From the entries below, reproduce exactly the line containing "-- The calls that change a manager.", the line containing "apply-IsValid f (forgets", and every line in between, with nothing added.
◇ ◇ ◇ ◇ ◇
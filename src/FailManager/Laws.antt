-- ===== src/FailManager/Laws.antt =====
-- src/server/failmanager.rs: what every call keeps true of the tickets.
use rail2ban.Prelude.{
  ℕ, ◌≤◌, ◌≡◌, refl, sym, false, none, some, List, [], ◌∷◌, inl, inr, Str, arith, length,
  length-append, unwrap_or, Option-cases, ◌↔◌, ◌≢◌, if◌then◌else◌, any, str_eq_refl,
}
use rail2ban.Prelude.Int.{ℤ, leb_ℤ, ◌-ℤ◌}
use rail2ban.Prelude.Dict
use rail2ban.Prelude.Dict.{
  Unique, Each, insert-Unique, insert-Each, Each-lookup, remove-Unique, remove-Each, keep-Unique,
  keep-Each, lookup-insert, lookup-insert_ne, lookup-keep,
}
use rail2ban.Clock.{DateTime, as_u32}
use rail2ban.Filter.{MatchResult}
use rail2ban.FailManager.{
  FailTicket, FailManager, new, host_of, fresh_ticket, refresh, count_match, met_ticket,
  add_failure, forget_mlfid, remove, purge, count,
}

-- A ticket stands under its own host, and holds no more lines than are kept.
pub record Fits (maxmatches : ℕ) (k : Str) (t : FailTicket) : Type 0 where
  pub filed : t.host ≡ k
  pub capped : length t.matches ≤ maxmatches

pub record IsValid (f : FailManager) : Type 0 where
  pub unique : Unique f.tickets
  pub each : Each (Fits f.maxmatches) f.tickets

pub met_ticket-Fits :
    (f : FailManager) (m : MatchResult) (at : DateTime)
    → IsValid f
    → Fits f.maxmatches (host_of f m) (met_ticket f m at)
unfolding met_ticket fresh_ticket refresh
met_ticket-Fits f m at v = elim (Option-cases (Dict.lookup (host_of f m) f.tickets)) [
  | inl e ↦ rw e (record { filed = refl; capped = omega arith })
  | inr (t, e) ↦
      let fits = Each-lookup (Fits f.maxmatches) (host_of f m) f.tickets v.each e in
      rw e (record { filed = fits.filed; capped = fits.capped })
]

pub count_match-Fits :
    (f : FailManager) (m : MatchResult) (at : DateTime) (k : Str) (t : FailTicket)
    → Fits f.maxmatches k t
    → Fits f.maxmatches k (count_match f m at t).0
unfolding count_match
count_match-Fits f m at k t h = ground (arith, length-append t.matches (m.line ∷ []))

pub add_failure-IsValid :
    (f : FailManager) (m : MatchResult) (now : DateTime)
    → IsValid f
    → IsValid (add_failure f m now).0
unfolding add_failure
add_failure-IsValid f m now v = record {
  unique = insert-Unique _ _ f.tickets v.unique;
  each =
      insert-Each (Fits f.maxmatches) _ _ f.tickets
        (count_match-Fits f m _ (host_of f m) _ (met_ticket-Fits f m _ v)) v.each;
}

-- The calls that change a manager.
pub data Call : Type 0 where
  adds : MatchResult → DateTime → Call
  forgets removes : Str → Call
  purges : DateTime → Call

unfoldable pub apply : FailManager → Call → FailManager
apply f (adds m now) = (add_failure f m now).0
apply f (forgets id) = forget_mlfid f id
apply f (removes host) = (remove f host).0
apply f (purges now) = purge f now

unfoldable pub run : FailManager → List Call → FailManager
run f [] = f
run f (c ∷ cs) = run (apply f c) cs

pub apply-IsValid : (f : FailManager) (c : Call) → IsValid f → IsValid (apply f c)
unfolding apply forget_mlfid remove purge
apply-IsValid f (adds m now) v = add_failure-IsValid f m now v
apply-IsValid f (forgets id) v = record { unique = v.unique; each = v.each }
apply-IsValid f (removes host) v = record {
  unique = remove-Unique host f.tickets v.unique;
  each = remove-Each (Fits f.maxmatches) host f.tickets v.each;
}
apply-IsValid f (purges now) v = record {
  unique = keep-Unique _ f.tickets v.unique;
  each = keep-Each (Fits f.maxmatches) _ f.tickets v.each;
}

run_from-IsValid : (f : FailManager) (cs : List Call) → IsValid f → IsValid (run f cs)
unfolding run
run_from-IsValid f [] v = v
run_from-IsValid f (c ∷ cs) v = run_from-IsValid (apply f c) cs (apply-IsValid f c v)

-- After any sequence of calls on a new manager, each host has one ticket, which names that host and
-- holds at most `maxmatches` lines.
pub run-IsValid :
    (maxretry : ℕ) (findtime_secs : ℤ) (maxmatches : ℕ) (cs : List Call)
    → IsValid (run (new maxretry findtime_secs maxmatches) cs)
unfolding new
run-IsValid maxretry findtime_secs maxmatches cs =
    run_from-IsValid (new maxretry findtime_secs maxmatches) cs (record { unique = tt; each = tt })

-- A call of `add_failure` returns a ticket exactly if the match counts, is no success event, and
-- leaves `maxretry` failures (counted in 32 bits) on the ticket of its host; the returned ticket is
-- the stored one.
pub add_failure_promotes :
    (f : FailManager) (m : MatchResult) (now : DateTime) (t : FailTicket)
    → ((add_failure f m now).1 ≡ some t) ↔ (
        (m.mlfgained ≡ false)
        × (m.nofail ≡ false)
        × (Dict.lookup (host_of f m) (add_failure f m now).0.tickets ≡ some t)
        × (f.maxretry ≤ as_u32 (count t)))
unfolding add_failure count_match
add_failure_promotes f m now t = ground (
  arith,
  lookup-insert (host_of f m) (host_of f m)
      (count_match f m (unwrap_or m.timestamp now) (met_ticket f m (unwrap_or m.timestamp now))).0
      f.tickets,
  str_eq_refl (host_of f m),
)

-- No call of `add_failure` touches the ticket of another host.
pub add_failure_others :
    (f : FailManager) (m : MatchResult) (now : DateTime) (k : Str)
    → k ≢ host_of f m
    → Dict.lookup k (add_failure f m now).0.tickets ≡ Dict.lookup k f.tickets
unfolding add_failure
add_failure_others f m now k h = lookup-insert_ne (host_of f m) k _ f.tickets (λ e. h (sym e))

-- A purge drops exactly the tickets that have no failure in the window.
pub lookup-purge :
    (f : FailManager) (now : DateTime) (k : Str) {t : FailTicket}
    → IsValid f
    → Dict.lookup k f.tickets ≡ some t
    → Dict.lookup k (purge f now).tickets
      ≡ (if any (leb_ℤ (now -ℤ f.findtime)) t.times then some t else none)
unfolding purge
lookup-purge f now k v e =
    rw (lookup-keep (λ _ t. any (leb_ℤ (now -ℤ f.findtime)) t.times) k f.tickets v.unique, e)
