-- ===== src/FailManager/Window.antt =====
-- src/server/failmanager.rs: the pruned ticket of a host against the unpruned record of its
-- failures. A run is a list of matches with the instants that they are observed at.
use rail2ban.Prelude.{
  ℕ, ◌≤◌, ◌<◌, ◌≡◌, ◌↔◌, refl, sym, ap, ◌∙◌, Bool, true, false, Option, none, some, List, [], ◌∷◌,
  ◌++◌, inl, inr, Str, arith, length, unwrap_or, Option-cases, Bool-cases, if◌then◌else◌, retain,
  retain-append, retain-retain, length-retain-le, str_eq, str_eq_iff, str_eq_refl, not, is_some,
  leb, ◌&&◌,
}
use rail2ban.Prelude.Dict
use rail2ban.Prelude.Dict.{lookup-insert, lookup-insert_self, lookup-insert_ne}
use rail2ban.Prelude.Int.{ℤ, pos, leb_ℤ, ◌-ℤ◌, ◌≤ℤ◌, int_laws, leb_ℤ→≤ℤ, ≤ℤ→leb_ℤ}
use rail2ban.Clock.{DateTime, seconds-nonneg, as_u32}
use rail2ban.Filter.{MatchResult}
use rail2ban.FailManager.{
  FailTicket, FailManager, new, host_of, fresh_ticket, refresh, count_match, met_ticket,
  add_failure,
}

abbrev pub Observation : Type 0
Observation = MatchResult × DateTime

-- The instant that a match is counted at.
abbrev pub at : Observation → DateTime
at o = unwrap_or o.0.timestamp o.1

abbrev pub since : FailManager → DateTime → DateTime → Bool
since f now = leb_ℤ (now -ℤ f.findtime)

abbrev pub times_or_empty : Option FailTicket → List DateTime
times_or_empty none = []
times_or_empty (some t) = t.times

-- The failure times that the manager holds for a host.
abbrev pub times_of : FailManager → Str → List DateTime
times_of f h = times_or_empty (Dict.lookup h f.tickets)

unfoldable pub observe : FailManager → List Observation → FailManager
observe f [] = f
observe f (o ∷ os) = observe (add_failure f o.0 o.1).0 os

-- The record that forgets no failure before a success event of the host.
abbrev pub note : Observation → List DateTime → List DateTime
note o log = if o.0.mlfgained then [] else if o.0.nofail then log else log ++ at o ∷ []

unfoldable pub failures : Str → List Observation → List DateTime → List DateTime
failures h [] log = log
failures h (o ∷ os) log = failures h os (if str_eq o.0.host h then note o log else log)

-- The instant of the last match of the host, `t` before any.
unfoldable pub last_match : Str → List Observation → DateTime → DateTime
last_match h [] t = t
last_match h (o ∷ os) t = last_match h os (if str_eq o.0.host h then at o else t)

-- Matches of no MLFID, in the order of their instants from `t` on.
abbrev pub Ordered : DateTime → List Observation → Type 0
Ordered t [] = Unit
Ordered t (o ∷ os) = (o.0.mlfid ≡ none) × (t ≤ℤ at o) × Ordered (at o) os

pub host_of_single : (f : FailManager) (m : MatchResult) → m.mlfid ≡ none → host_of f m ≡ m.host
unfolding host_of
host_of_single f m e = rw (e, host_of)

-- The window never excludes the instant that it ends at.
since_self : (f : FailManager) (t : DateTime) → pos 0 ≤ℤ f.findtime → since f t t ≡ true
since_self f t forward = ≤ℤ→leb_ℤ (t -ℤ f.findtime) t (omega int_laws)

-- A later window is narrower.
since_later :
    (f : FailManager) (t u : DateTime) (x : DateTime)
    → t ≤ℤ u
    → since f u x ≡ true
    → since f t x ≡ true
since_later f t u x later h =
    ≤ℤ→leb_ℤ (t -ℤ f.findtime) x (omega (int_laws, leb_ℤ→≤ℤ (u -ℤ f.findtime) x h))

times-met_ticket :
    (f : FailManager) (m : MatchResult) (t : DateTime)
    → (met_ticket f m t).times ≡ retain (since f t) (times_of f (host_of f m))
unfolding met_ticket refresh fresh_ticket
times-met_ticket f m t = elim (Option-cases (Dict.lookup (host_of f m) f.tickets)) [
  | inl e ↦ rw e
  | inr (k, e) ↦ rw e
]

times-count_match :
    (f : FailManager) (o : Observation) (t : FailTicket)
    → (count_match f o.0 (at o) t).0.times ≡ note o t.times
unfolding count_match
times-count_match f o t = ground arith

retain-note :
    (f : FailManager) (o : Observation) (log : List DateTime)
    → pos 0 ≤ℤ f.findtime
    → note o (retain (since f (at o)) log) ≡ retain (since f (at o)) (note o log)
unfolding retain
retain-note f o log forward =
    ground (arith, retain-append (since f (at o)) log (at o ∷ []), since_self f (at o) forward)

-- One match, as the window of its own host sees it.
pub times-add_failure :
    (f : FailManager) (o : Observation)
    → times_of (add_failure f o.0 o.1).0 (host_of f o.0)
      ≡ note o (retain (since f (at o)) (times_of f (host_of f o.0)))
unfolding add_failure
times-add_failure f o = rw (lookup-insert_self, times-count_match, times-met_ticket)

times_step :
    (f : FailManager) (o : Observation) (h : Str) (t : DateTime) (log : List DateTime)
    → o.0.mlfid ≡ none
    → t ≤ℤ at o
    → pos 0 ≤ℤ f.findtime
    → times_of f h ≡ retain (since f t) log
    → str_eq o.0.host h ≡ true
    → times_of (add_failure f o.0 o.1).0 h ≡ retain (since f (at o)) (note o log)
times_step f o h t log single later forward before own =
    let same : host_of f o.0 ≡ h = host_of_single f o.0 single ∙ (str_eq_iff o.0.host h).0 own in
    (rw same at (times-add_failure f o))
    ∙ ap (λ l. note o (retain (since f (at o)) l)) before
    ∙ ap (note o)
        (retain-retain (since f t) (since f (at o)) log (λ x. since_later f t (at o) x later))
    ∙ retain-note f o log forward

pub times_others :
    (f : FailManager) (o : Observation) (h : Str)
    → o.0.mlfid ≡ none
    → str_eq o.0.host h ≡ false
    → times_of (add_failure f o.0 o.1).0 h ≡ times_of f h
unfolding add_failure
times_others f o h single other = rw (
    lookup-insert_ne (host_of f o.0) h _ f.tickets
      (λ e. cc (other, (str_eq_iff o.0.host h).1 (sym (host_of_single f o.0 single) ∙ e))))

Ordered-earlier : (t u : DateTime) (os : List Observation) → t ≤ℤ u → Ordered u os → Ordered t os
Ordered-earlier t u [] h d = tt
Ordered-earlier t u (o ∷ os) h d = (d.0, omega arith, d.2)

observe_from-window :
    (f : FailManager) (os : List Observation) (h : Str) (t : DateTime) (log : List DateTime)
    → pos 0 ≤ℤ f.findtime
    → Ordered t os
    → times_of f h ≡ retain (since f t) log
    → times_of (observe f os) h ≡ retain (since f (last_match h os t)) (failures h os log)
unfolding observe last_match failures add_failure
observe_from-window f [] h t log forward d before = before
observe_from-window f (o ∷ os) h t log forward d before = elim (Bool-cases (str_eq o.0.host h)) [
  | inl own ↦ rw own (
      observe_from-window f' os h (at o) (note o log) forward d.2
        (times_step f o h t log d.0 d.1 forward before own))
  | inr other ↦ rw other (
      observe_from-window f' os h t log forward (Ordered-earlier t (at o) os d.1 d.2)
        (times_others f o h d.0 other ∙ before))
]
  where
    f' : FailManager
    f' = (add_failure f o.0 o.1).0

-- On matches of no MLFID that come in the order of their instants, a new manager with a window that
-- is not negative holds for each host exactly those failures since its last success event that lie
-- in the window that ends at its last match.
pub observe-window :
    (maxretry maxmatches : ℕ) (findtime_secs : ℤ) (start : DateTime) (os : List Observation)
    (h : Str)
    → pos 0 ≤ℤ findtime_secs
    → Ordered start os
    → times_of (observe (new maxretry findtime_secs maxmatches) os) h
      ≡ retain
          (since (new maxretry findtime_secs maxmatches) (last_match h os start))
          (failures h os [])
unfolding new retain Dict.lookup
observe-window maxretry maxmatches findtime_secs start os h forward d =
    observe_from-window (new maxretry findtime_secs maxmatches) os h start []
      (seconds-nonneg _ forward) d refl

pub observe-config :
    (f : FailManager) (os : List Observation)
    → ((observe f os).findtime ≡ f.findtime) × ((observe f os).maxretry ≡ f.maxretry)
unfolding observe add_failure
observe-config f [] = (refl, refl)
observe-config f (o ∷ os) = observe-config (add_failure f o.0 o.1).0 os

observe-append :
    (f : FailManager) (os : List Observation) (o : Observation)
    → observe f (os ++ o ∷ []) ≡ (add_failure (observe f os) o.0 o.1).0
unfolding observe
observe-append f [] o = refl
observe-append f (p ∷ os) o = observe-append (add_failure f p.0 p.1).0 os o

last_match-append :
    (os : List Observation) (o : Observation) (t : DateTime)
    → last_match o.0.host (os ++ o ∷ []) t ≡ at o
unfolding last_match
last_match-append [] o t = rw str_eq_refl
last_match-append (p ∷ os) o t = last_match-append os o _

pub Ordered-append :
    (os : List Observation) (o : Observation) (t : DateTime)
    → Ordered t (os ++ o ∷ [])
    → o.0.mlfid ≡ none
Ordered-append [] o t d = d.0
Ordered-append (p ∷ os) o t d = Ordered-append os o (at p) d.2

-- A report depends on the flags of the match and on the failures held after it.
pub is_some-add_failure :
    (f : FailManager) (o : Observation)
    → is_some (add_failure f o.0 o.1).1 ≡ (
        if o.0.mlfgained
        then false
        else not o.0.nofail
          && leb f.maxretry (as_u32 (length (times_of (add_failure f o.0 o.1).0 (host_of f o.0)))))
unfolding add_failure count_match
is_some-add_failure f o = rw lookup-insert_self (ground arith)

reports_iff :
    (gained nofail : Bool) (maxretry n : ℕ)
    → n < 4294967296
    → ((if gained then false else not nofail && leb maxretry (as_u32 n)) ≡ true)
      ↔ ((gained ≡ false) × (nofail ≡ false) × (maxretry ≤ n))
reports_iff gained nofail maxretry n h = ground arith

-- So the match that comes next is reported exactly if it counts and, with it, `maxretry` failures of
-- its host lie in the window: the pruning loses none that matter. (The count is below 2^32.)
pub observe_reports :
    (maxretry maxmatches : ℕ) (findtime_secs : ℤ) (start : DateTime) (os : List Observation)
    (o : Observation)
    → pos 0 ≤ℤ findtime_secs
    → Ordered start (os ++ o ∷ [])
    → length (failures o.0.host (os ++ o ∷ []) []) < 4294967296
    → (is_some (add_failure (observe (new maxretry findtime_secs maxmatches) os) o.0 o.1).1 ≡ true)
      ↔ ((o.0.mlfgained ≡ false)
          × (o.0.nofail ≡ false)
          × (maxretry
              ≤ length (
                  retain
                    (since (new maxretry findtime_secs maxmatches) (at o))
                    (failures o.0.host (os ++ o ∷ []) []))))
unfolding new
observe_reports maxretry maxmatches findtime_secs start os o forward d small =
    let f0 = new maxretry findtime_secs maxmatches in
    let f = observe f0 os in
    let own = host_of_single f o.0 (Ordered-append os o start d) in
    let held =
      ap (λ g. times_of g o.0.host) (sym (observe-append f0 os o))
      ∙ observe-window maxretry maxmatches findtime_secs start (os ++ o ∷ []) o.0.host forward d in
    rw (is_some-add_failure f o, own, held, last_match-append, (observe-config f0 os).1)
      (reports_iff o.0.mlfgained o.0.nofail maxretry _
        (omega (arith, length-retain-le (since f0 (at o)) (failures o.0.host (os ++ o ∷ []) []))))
◇ ◇ ◇ ◇ ◇
Answer section:
-- The calls that change a manager.
pub data Call : Type 0 where
  adds : MatchResult → DateTime → Call
  forgets removes : Str → Call
  purges : DateTime → Call

unfoldable pub apply : FailManager → Call → FailManager
apply f (adds m now) = (add_failure f m now).0
apply f (forgets id) = forget_mlfid f id
apply f (removes host) = (remove f host).0
apply f (purges now) = purge f now

unfoldable pub run : FailManager → List Call → FailManager
run f [] = f
run f (c ∷ cs) = run (apply f c) cs

pub apply-IsValid : (f : FailManager) (c : Call) → IsValid f → IsValid (apply f c)
unfolding apply forget_mlfid remove purge
apply-IsValid f (adds m now) v = add_failure-IsValid f m now v
apply-IsValid f (forgets id) v = record { unique = v.unique; each = v.each }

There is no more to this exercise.